No, the ctype<> facet is to (1) tell you some facts about a character,
and (2) to convert to or from the native compile-time character set 
representation for the character, if it's in the "basic execution
character set" (which means, informally, any of the characters
that can appear in C++ source code).

>   The second reason is that the exist-
> ing libstdc++ code even indicates that all of the facets are
> optional. Take a look at _M_cache_facets from bits/basic_ios.tcc
> again:
> 
>   template<typename _CharT, typename _Traits>
>     void
>     basic_ios<_CharT, _Traits>::_M_cache_facets(const locale& __loc)
>     {
>       if (has_facet<__ctype_type>(__loc))
>     _M_ios_fctype = &use_facet<__ctype_type>(__loc);
>       // Should be filled in by ostream and istream, respectively.
>       if (has_facet<__numput_type>(__loc))
>     _M_fnumput = &use_facet<__numput_type>(__loc);
>       if (has_facet<__numget_type>(__loc))
>     _M_fnumget = &use_facet<__numget_type>(__loc);
>     }
> 
> It only caches each facet (note ctype first) -if- the locale
> supports that facet for whatever the stream element type. 

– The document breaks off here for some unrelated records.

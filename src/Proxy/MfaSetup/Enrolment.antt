-- ===== src/Proxy/MfaSetup/Enrolment.antt =====
-- src/proxy/mod.rs: what an enrolment stores, and what it does not look at.
use zero_trust_proxy.Common.{
  ℕ, ◌≡◌, ◌≢◌, ◌<◌, ap, sym, subst, ◌∙◌, String, ◌==◌, eq_iff, eq_refl, true, Option, some, List,
  [], ◌∷◌, arith, if◌then◌else◌,
}
use zero_trust_proxy.Error.{ok, ok_or, authentication_failed}
use zero_trust_proxy.Db.{
  UserRow, Uuid, Tables, Database, find_row, update_rows, find_user_by_id, set_user_mfa_secret,
}
use zero_trust_proxy.World.{World, lift, utc_now}
use zero_trust_proxy.World.Monad.{bind-inv, ok_or-inv}
use zero_trust_proxy.Auth.Jwt.{Claims, validate_token}
use zero_trust_proxy.Auth.Mfa.{Rng, generate_secret, generate_qr_url}
use zero_trust_proxy.Proxy.Bodies.{MfaEnrollmentResponse}
use mathlib.Core.Option
use zero_trust_proxy.Common.Text.{byte_len}
use zero_trust_proxy.Auth.Mfa.Secrets.{generate_secret_len}
use zero_trust_proxy.Auth.Mfa.Drawn.{base32_code, code_at, generate_secret_drawn}
use zero_trust_proxy.Proxy.Server.{Platform, Request, ProxyServer}
use zero_trust_proxy.Proxy.MfaSetup.{
  bearer_claims, subject_id, subject_row, issue_secret, enroll_user, handle_mfa_enroll,
}

module _ {Store F : Type 0} (p : Platform Store F) (server : ProxyServer) where
  -- An enrolment does not look at Redis: whatever it holds, and so also after the session of the
  -- token has ended or has been revoked, the answer and the database are the same.
  pub handle_mfa_enroll_blind :
      (gen_range : Rng) (req : Request) (w : World Store) (s : Store)
      → ((handle_mfa_enroll p server gen_range req (record w { redis = s })).0
          ≡ (handle_mfa_enroll p server gen_range req w).0)
        × ((handle_mfa_enroll p server gen_range req (record w { redis = s })).1.db
            ≡ (handle_mfa_enroll p server gen_range req w).1.db)
  unfolding handle_mfa_enroll bearer_claims enroll_user issue_secret subject_row validate_token
      utc_now
  handle_mfa_enroll_blind gen_range req w s = ground arith

  abbrev pub with_secret : String → UserRow → UserRow
  with_secret secret user = record user { mfa_enabled = true; mfa_secret = some secret }

  -- The row of the user with an id.
  abbrev pub row_of_id : Uuid → World Store → Option UserRow
  row_of_id id w = find_row (λ u. u.id == id) w.db.tables.users

  find-update_rows :
      (id j : Uuid) (secret : String) (users : List UserRow)
      → find_row (λ u. u.id == j) (update_rows (λ u. u.id == id) (with_secret secret) users) ≡ (
          if id == j
          then Option.map (with_secret secret) (find_row (λ u. u.id == j) users)
          else find_row (λ u. u.id == j) users)
  unfolding find_row update_rows
  find-update_rows id j secret [] = ground arith
  find-update_rows id j secret (u ∷ users) =
      ground (arith, eq_iff id j, eq_iff u.id id, eq_iff u.id j, find-update_rows id j secret users)

  -- The user of the token has got the secret of the reply, which is the 32 letters of base 32 that
  -- were drawn; every other row is as it was.
  pub record Enrolled (gen_range : Rng) (req : Request) (reply : MfaEnrollmentResponse)
      (w w' : World Store) : Type 0 where
    pub claims : Claims
    pub bearer : (bearer_claims p server req w).0 ≡ ok claims
    pub id : Uuid
    pub named : p.texts.parse_uuid claims.sub ≡ some id
    pub user : UserRow
    pub known : row_of_id id w ≡ some user
    pub stored : row_of_id id w' ≡ some (with_secret reply.secret user)
    pub others : (j : Uuid) → j ≢ id → row_of_id j w' ≡ row_of_id j w
    pub long : byte_len reply.secret ≡ 32
    pub letters : (i : ℕ) → i < 32 → code_at i reply.secret ≡ some (base32_code (gen_range i 32))
    pub same_key : reply.manual_entry_key ≡ reply.secret

  bearer-db : (req : Request) (w : World Store) → (bearer_claims p server req w).1.db ≡ w.db
  unfolding bearer_claims validate_token utc_now
  bearer-db req w = ground arith

  find-tables :
      (id : Uuid) (w : World Store) → (subject_row p server id w).1.db.tables ≡ w.db.tables
  unfolding subject_row find_user_by_id
  find-tables id w = ground arith

  find-known :
      (id : Uuid) (user : UserRow) (w : World Store)
      → (subject_row p server id w).0 ≡ ok user
      → row_of_id id w ≡ some user
  unfolding subject_row find_user_by_id
  find-known id user w h = ground arith

  issue_secret-ok :
      (gen_range : Rng) (id : Uuid) (user : UserRow) (w w' : World Store)
      (reply : MfaEnrollmentResponse)
      → issue_secret p server gen_range id user w ≡ (ok reply, w')
      → (generate_secret gen_range ≡ ok reply.secret)
        × (reply.manual_entry_key ≡ reply.secret)
        × (w'.db.tables.users
            ≡ update_rows (λ u. u.id == id) (with_secret reply.secret) w.db.tables.users)
  unfolding issue_secret generate_secret generate_qr_url set_user_mfa_secret
  issue_secret-ok gen_range id user w w' reply h = ground arith

  -- The parts of an enrolment of the subject of some claims.
  enroll_user-ok :
      (gen_range : Rng) (claims : Claims) (w w' : World Store) (reply : MfaEnrollmentResponse)
      → enroll_user p server gen_range claims w ≡ (ok reply, w')
      → (id : Uuid) × (user : UserRow) × (v : World Store) × (p.texts.parse_uuid claims.sub
          ≡ some id)
        × (row_of_id id w ≡ some user)
        × (v.db.tables ≡ w.db.tables)
        × (issue_secret p server gen_range id user v ≡ (ok reply, w'))
  unfolding enroll_user subject_id
  enroll_user-ok gen_range claims w w' reply h =
      let (id, w1, q1, h1) =
        bind-inv
          (lift (ok_or (p.texts.parse_uuid claims.sub) (authentication_failed "invalid subject")) w)
          _ h in
      let (user, w2, q2, h2) = bind-inv (subject_row p server id w1) _ h1 in
      let same : w ≡ w1 = ap (λ s. s.1) q1 in
      (
        id,
        user,
        w2,
        ok_or-inv _ _ q1,
        rw same (find-known id user w1 (ap (λ s. s.0) q2)),
        rw same (sym (ap (λ s. s.1.db.tables) q2) ∙ find-tables id w1),
        h2,
      )

  -- An enrolment that is granted gives the user of the token the secret that the reply shows, of
  -- 32 bytes, each of which is the letter of the RFC 4648 base32 alphabet (A to Z, 2 to 7) whose
  -- value the generator has drawn for its place, and no other user a new row, for any generator
  -- that draws within its range.
  pub handle_mfa_enroll-Enrolled :
      (gen_range : Rng) (req : Request) (reply : MfaEnrollmentResponse) (w w' : World Store)
      → ((i k : ℕ) → 0 < k → gen_range i k < k)
      → handle_mfa_enroll p server gen_range req w ≡ (ok reply, w')
      → Enrolled gen_range req reply w w'
  unfolding handle_mfa_enroll
  handle_mfa_enroll-Enrolled gen_range req reply w w' draws h =
      let (claims, w1, q1, h1) = bind-inv (bearer_claims p server req w) _ h in
      let (id, user, v, named, known, same, issued) =
        enroll_user-ok gen_range claims w1 w' reply h1 in
      let (fresh, key, rows) = issue_secret-ok gen_range id user v w' reply issued in
      let kept : w1.db ≡ w.db = sym (ap (λ s. s.1.db) q1) ∙ bearer-db req w in
      let before : v.db.tables.users ≡ w.db.tables.users =
        ap (λ (t : Tables). t.users) same ∙ ap (λ (d : Database). d.tables.users) kept in
      let known' : row_of_id id w ≡ some user =
        subst (λ d. find_row (λ u. u.id == id) d.tables.users ≡ some user) kept known in
      let after : w'.db.tables.users
          ≡ update_rows (λ u. u.id == id) (with_secret reply.secret) w.db.tables.users =
        rows ∙ ap (update_rows (λ u. u.id == id) (with_secret reply.secret)) before in
      record {
        claims = claims;
        bearer = ap (λ s. s.0) q1;
        id = id;
        named = named;
        user = user;
        known = known';
        stored =
            rw after
              (ground (arith, eq_refl id, find-update_rows id id reply.secret w.db.tables.users));
        others = λ j ne.
            rw after
              (ground (arith, eq_iff id j, find-update_rows id j reply.secret w.db.tables.users));
        long = generate_secret_len gen_range reply.secret draws fresh;
        letters = generate_secret_drawn gen_range reply.secret draws fresh;
        same_key = key;
      }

It checks if there is a ctype<_CharT> facet in case someone
constructs a stream instantiated on a non-standard character 
type with a locale that doesn't have a complete set of facets 
for that character type.  The behavior of such a program is
not defined.

> That's
> what it looks like to me at least, and at any rate it might not
> initialize _M_ios_fctype yet it calls a function from _M_ios_fctype
> no matter what (widen in init like i said before), so that
> doesn't seem right. If you wanted to require the ctype facet
> maybe assert that in _M_cache_facets instead of just conditionally
> initializing something which is later used unconditionally and
> letting it crash in the cases where it didnt have the facet.

If the facet's not there, the library can't do what you asked
it to do.  Probably it should set failbit in that case, instead
of crashing, though.
 
> I don't know, maybe even though there's contradictory code in
> basic_ios, they wanted all locales to support even the sort of
> null generic ctype so that wouldn't ever be a problem. Then the
> problem would be somewhere in the ctype or has_facet definitions
> in bits/locale_facets.*  Either way the code in basic_ios could
> use some clarifying I think.
> 
>  >So, please, come up with a self-contained seg-faulting testcase: it 
>  >will help focusing the real problem here.
> 
> Here you go:
> 
> #include <sstream>
> 
> int main () {
>   std::basic_stringstream<int> test;
>   return 0;
> }
> 
> ctype only has predefined specializations for char and wchar_t,
> so int just gets the generic version which apparently doesn't
> do it for whatever locale i'm in. See how it goes for you.

I would not expect constructing a stream to fail, because construction
is not defined in the standard to depend on any facet members.  I would
expect any formatted i/o operation to fail, though.  Crashing is a poor
way to fail in that case, but probably not explicitly nonconforming.